Newly elected members of the Del Rey Neighborhood Council will officially take their seats next month after the Los Angeles city clerk recently dismissed the final challenge to the April election.

The June 11th decision will turn the board over to several newcomers in Del Rey just in time for the local council to consider its budget for fiscal year 2010-11.

The election, which was run for the first time by the city clerk since the citywide neighborhood council system was enacted in 1999, was a source of contention throughout certain pockets of Del Rey. Allegations of voter fraud and electioneering were two of seven charges filed by longtime resident Stephen Knight, who lost his seat as parliamentarian.

Knight, who has been with the local council since its inception in 2003 and was its first president, filed the challenges April 22nd. He claimed that voters in the public housing complex Mar Vista Gardens, which is part of Area G of the neighborhood council, had been disenfranchised because the polling location there ran out of ballots for 90 minutes to two hours.

“Without any Area G ballots, the stakeholders from that area could not vote for any office. Many Area G stakeholders returned home without voting at all and expressed a feeling of disenfranchisement,” Knight wrote in his election dispute charge. “This error should not have happened and amounts to a denial of civil rights.”

Knight, First Vice President Marlene Savage and Second Vice President Theresa Luo lost their races to three newcomers to the council in the contested election, and Will Nicholas, who was affiliated with the incoming slate of candidates, also lost his seat on the board.

The city clerk confirmed that the polling location ran out of ballots, but decided not to uphold Knight’s complaint.

“After investigating the matter, (our office) compiled a report and issued a recommendation stating that the challenge should be dismissed,” Areleen Taylor, chief of the city clerk’s election division, wrote to the Del Rey council June 11th. “The city clerk’s recommendation stated that although the claim was true, the matter was rectified by providing the two stakeholders who had left the polling place without voting the opportunity to vote.

“Corrective action was taken on election day by delivering the additional Area G ballots in a timely manner and providing accommodations for the two voters who had been unable to wait for the ballots to arrive,” Taylor continued. “This administrative solution ultimately allowed one of the two voters to be able to cast their vote on election day.”

The new members were not allowed to assume their places on the new council until the review was completed.

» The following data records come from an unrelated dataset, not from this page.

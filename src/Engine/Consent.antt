-- ===== src/Engine/Consent.antt =====
-- backend/app/core/engine.py: `_consume_approval`.
use mama_ai.Prelude.{String, ◌≡◌, refl, Option, none, some}
use mama_ai.Result.{Result, ok, err}
use mama_ai.Exec.Ensures.{Ensures, returned, Ensures-bind, Ensures-weaken}
use mama_ai.Task.{TaskRequest, TaskResult}
use mama_ai.Approval.{ApprovalRecord}
use mama_ai.Approval.Registry.{consume}
use mama_ai.Risk.{RiskAssessment}
use mama_ai.Engine.{Payload, World, Env, Fresh}
use mama_ai.Engine.Approve.{consume_given, after_consume, request_approval}
use mama_ai.Engine.Calm.{request_approval-Leaves, approval_failed-Leaves}

module _ {Db Ab : Type 0} (env : Env Db Ab) where
  -- The approval ID and the token that were given are accepted by `consume`.
  abbrev pub Permit : World Db Ab → TaskRequest → String → Option (String × String) → Fresh → Type 0
  Permit w r owner g fresh =
      (id : String) × (token : String) × (u : ApprovalRecord) × (g ≡ some (id, token))
      × ((consume env.save_approval env.hash_token id r.task_id owner token (fresh.now 6)
            (fresh.now 7) w.approvals).0
          ≡ ok u)

  abbrev pub Permitted :
      World Db Ab
      → TaskRequest
      → String
      → Option (String × String)
      → Fresh
      → Result (Option (TaskResult Payload)) × World Db Ab
      → Type 0
  Permitted w r owner g fresh m =
      Ensures (λ o w'. (w'.executed ≡ w.executed) × (o ≡ none → Permit w r owner g fresh))
        (λ w'. w'.executed ≡ w.executed) m

  after_consume-Permitted :
      (r : TaskRequest) (a : RiskAssessment) (owner : String) (g : Option (String × String))
      → (fresh : Fresh) (w w1 : World Db Ab) (c : Result ApprovalRecord) → w1.executed ≡ w.executed
      → ((u : ApprovalRecord) → c ≡ ok u → Permit w r owner g fresh)
      → Permitted w r owner g fresh (after_consume env r a owner fresh (c, w1))
  unfolding after_consume
  after_consume-Permitted r a owner g fresh w w1 (ok u) e p = returned none _ (e, λ _. p u refl)
  after_consume-Permitted r a owner g fresh w w1 (err x) e p =
      Ensures-weaken (approval_failed-Leaves env w.executed r a owner fresh x w1 e)
        (λ o w2 q. (q.0, λ n. absurd (q.1 n))) (λ w2 q. q)

  pub consume_given-Permitted :
      (r : TaskRequest) (a : RiskAssessment) (owner : String) (g : Option (String × String))
      → (fresh : Fresh) (w : World Db Ab)
      → Permitted w r owner g fresh (consume_given env r a owner fresh g w)
  unfolding consume_given
  consume_given-Permitted r a owner none fresh w =
      Ensures-bind (request_approval env r a owner fresh w) _
        (request_approval-Leaves env w.executed r a owner fresh w refl)
        λ x w1 e1. returned (some x) w1 (e1, λ n. cc)
  consume_given-Permitted r a owner (some (id, token)) fresh w =
      let m =
        consume env.save_approval env.hash_token id r.task_id owner token (fresh.now 6)
          (fresh.now 7) w.approvals in
      after_consume-Permitted r a owner (some (id, token)) fresh w (record w { approvals = m.1 })
        m.0 refl (λ u q. (id, token, u, refl, q))
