-- ===== src/Text/Words.antt =====
-- `" ".join(text.split())`: the words of a text, with one space between them.
use Prim.Native.Char.{code}
use Prim.Native.String.{◌++◌ as join_text}
use mama_ai.Prelude.{String, List, [], ◌∷◌, if◌then◌else◌}
use mama_ai.Text.{is_space, is_empty}

-- a word is kept unless it is empty
unfoldable pub keep_word : String → List String → List String
keep_word w ws = if is_empty w then ws else w ∷ ws

-- the first word, if the text starts with one, and the words behind it
unfoldable pub split_first : String → String × List String
unfolding is_space keep_word is_empty
split_first String.[] = ("", [])
split_first (String.◌∷◌ c s) =
    let (w, ws) = split_first s in
    if is_space (code c) then ("", keep_word w ws) else (String.◌∷◌ c w, ws)

-- `text.split()`
unfoldable pub words : String → List String
unfolding split_first
words s = let (w, ws) = split_first s in keep_word w ws

-- `" ".join(words)`
unfoldable pub join_words : List String → String
join_words [] = ""
join_words (w ∷ []) = w
join_words (w ∷ v ∷ ws) = join_text w (join_text " " (join_words (v ∷ ws)))
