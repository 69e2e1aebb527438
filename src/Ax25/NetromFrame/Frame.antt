-- ===== src/Ax25/NetromFrame/Frame.antt =====
-- The L3/L4 frames of bbs/ax25/netrom_frame.py, by opcode.
use bbs.Prelude.{
  ℕ, ◌%◌, Bool, true, ◌&&◌, ◌||◌, not, [], ◌∷◌, ◌++◌, Option, none, some, ltb, leb, ◌==◌,
  if◌then◌else◌, length, take, drop, get_or, ◌>>=◌,
}
use bbs.Text.{Text}
use bbs.Ax25.NetromFrame.Wire.{Bytes, wire_char, encode_wire_call, decode_wire_call}
use bbs.Ax25.NetromFrame.Header.{
  L3Header, opcode, choke, encode_l3_header, decode_l3_header, l3_header_len, opcode_connect_req,
  opcode_connect_ack, opcode_disconnect_req, opcode_disconnect_ack, opcode_information,
  opcode_information_ack,
}

pub record ConnectRequest : Type 0 where
  pub header : L3Header
  pub proposed_window : ℕ
  pub user_call : Text
  pub origin_node_call : Text

pub record ConnectAck : Type 0 where
  pub header : L3Header
  pub accepted_window : ℕ
  pub refused : Bool

pub record Information : Type 0 where
  pub header : L3Header
  pub info : Bytes

-- `L3Frame`; a Disconnect and an InformationAck hold only their header.
pub data L3Frame : Type 0 where
  connect_request : ConnectRequest → L3Frame
  connect_ack : ConnectAck → L3Frame
  disconnect : L3Header → L3Frame
  information : Information → L3Frame
  information_ack : L3Header → L3Frame

abbrev pub is_netrom_callsign_char : ℕ → Bool
is_netrom_callsign_char ch =
    ch == 0 || ch == 32 || (leb 48 ch && leb ch 57) || (leb 65 ch && leb ch 90)

unfoldable pub all_callsign_chars : Bytes → Bool
all_callsign_chars [] = true
all_callsign_chars (b ∷ bytes) = is_netrom_callsign_char (wire_char b) && all_callsign_chars bytes

unfoldable pub wire_call_is_valid : Bytes → Bool
unfolding all_callsign_chars
wire_call_is_valid bytes = all_callsign_chars (take 6 bytes)

unfoldable pub encode_l3_frame : L3Header → Bytes → Option Bytes
encode_l3_frame header payload = do out ← encode_l3_header header; some (out ++ payload)

unfoldable pub encode_connect_request_tail : ℕ → Text → Text → Option Bytes
encode_connect_request_tail proposed_window user_call origin_node = do
  user ← encode_wire_call user_call
  origin ← encode_wire_call origin_node
  some ((proposed_window % 256) ∷ user ++ origin)

unfoldable pub encode_connect_ack_tail : ℕ → Bytes
encode_connect_ack_tail accepted_window = (accepted_window % 256) ∷ []

-- The branch of OPCODE_CONNECT_REQ.
unfoldable pub decode_connect_request : L3Header → Bytes → Option L3Frame
unfolding wire_call_is_valid
decode_connect_request header rest =
    let user_wire = take 7 (drop 1 rest) in
    let origin_wire = take 7 (drop 8 rest) in
    if ltb (length rest) 15
    then none
    else if not (wire_call_is_valid user_wire && wire_call_is_valid origin_wire)
    then none
    else some (
        connect_request (record {
          header = header;
          proposed_window = get_or rest 0 0;
          user_call = decode_wire_call user_wire;
          origin_node_call = decode_wire_call origin_wire;
        }))

-- The branch of OPCODE_CONNECT_ACK.
unfoldable pub decode_connect_ack : L3Header → Bytes → Option L3Frame
decode_connect_ack header [] = none
decode_connect_ack header (window ∷ rest) =
    some
      (connect_ack (record { header = header; accepted_window = window; refused = choke header }))

-- The chain of tests on the opcode.
unfoldable pub decode_payload : L3Header → Bytes → Option L3Frame
unfolding decode_connect_request decode_connect_ack
decode_payload header rest =
    if opcode header == opcode_connect_req
    then decode_connect_request header rest
    else if opcode header == opcode_connect_ack
    then decode_connect_ack header rest
    else if opcode header == opcode_information
    then some (information (record { header = header; info = rest }))
    else if opcode header == opcode_information_ack
    then some (information_ack header)
    else if opcode header == opcode_disconnect_req || opcode header == opcode_disconnect_ack
    then some (disconnect header)
    else none

unfoldable pub decode_l3_frame : Bytes → Option L3Frame
decode_l3_frame bytes = do
  header ← decode_l3_header bytes
  decode_payload header (drop l3_header_len bytes)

“I’m incredibly excited to get started with the new Del Rey NC board. The new members received overwhelming support from the community and, while the election challenge was well-intentioned by outgoing

parliamentarian Mr. Knight, it frustrated them and the rest of the

board that we had to delay the changeover,” Eric DeSobe, the newly elected president who ran unopposed, told The Argonaut. “Now we can get to work.”

Maria García, a spokeswoman in the city clerk’s office, said in May that the claims of electioneering, loitering and fraud regarding voters from outside Del Rey were not eligible to be challenged. One of the most heated accusations was voter fraud through the abuse of the “affirmation stakeholder.”

Some Del Rey residents alleged that voters who do not work, live or own property in Del Rey were allowed to vote, but that complaint was investigated and dismissed as well, García said.

“The council’s bylaws do not require documentation (that a voter is a Del Rey stakeholder),” she explained. “We also reviewed the Internet articles that were published and there was nothing that suggested that it was anything beyond outreach.”

The affirmation stakeholder status, which allows anyone who can show an “affirmative” interest in a neighborhood the right to vote in its local elections, has become a source of discontent among the Del Rey, Venice, Mar Vista and Westchester councils. All were opposed to it when the City Council decided last year to establish a process to allow more interested parties to vote in neighborhood elections.

Enrique Fernandez, who was elected as the Area G director on the Del Rey council, thinks the city clerk’s office could have done a better job with the election.

“To have an election and have the city clerk’s office that ran this election not being prepared by running out of ballots is not an election at all,” Fernandez asserted.

Fernandez said that many residents did not return to vote after learning that the polling center no longer had ballots and feels that Knight, Savage and Luo, who all campaigned heavily in Mar Vista Gardens, were adversely affected.

“They also lost votes by the city clerk running out of ballots,” the Area G director, who supported the three candidates that lost, claimed. “I believe that the residents’ privileges to vote was indeed disenfranchised.”

Jerry Kvasnicka, who was an independent election administrator in previous neighborhood council elections, said many of the charges are difficult to prove without a preponderance of evidence or witnesses to the allegation.

“It’s almost always an uphill battle,” Kvasnicka, who was involved in two Del Rey elections, said.

The new council members are scheduled to be sworn in Thursday, July 8th.